Collected data entries:
+ + + + + + +

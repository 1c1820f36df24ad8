-- ===== src/Peer/Outbox/Delivery/Invariant.antt =====
-- The well-formedness of the queues while messages are sent.
use nonetchat_web.Prelude.{
  String, Bool, true, false, ◌&&◌, Option, none, some, ltb, inl, inr, Bool-cases,
}
use nonetchat_web.Protocol.{PeerMessage, is_size_limited}
use nonetchat_web.Peer.State.{Peer, Channel, Draw, Platform, peer_frame}
use nonetchat_web.Peer.Outbox.{
  keep_for_later, choose_id, after_send, send_on, sent_on, route, send_encrypted, send_to_peer,
  encrypt_payload, open_channel, unless, push_frame, max_profile_wire,
}
use nonetchat_web.Peer.Outbox.Queue.{
  IsOutbox, remove_queued_message-IsOutbox, keep_for_later-IsOutbox, with_queues_of-IsOutbox,
}
use nonetchat_web.Peer.Outbox.Delivery.{after_send_keeps}

module _ (p : Platform) (peer_id : String) (m : PeerMessage) (d : Draw) (s : Peer)
    (out : IsOutbox s) where
  unless-IsOutbox :
      (b : Bool) (f : Peer → Peer)
      → ((t : Peer) → IsOutbox t → IsOutbox (f t))
      → IsOutbox (unless b f s)
  unless-IsOutbox true f keep = out
  unless-IsOutbox false f keep = keep s out

  sent_on-IsOutbox :
      (o : PeerMessage) (queue_id : String) (from_queue : Bool) (dc : Channel) (full : Bool)
      → IsOutbox (sent_on peer_id m o queue_id from_queue d dc s full).1
  sent_on-IsOutbox o queue_id from_queue dc true =
      unless-IsOutbox from_queue (keep_for_later peer_id m queue_id d)
        (λ t h. keep_for_later-IsOutbox t h peer_id m queue_id d)
  sent_on-IsOutbox o queue_id from_queue dc false =
      let pushed = push_frame peer_id dc (peer_frame o) s in
      remove_queued_message-IsOutbox (after_send peer_id m queue_id pushed)
        (with_queues_of-IsOutbox s out (after_send peer_id m queue_id pushed)
          (after_send_keeps peer_id queue_id m pushed).0)
        peer_id queue_id

  -- Whatever the state of the channel, of the database and of the encryption, sending keeps every
  -- peer's queue free of repeated ids, and no empty queue in the map.
  pub send_to_peer-IsOutbox :
      (from_queue : Bool) (queued_id : Option String)
      → IsOutbox (send_to_peer p peer_id m from_queue queued_id d s).1
  unfolding send_to_peer send_on
  send_to_peer-IsOutbox from_queue queued_id = encrypted (encrypt_payload p peer_id m d s)
    where
      id : String
      id = choose_id queued_id m d

      routed :
          (o : PeerMessage) (c : Option Channel)
          → IsOutbox (route peer_id m o id from_queue d s c).1
      routed o none =
          unless-IsOutbox from_queue (keep_for_later peer_id m id d)
            (λ t h. keep_for_later-IsOutbox t h peer_id m id d)
      routed o (some dc) = sent_on-IsOutbox o id from_queue dc dc.full

      encrypted :
          (e : Option PeerMessage) → IsOutbox (send_encrypted p peer_id m id from_queue d s e).1
      encrypted none = out
      encrypted (some o) =
          elim (Bool-cases (is_size_limited m.kind && ltb max_profile_wire (p.wire_length o))) [
            | inl big ↦ rw big out
            | inr fits ↦ rw fits (routed o (open_channel peer_id s))
          ]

+ + + + + + +

> _Directions_
Find "sent_on-IsOutbox o queue_id from_queue dc false" in the entries above and copy that whole line exactly, then each line after it through the line that contains "id = choose_id queued_id m d".

> _Exercise answer_
  sent_on-IsOutbox o queue_id from_queue dc false =
      let pushed = push_frame peer_id dc (peer_frame o) s in
      remove_queued_message-IsOutbox (after_send peer_id m queue_id pushed)
        (with_queues_of-IsOutbox s out (after_send peer_id m queue_id pushed)
          (after_send_keeps peer_id queue_id m pushed).0)
        peer_id queue_id

  -- Whatever the state of the channel, of the database and of the encryption, sending keeps every
  -- peer's queue free of repeated ids, and no empty queue in the map.
  pub send_to_peer-IsOutbox :
      (from_queue : Bool) (queued_id : Option String)
      → IsOutbox (send_to_peer p peer_id m from_queue queued_id d s).1
  unfolding send_to_peer send_on
  send_to_peer-IsOutbox from_queue queued_id = encrypted (encrypt_payload p peer_id m d s)
    where
      id : String
      id = choose_id queued_id m d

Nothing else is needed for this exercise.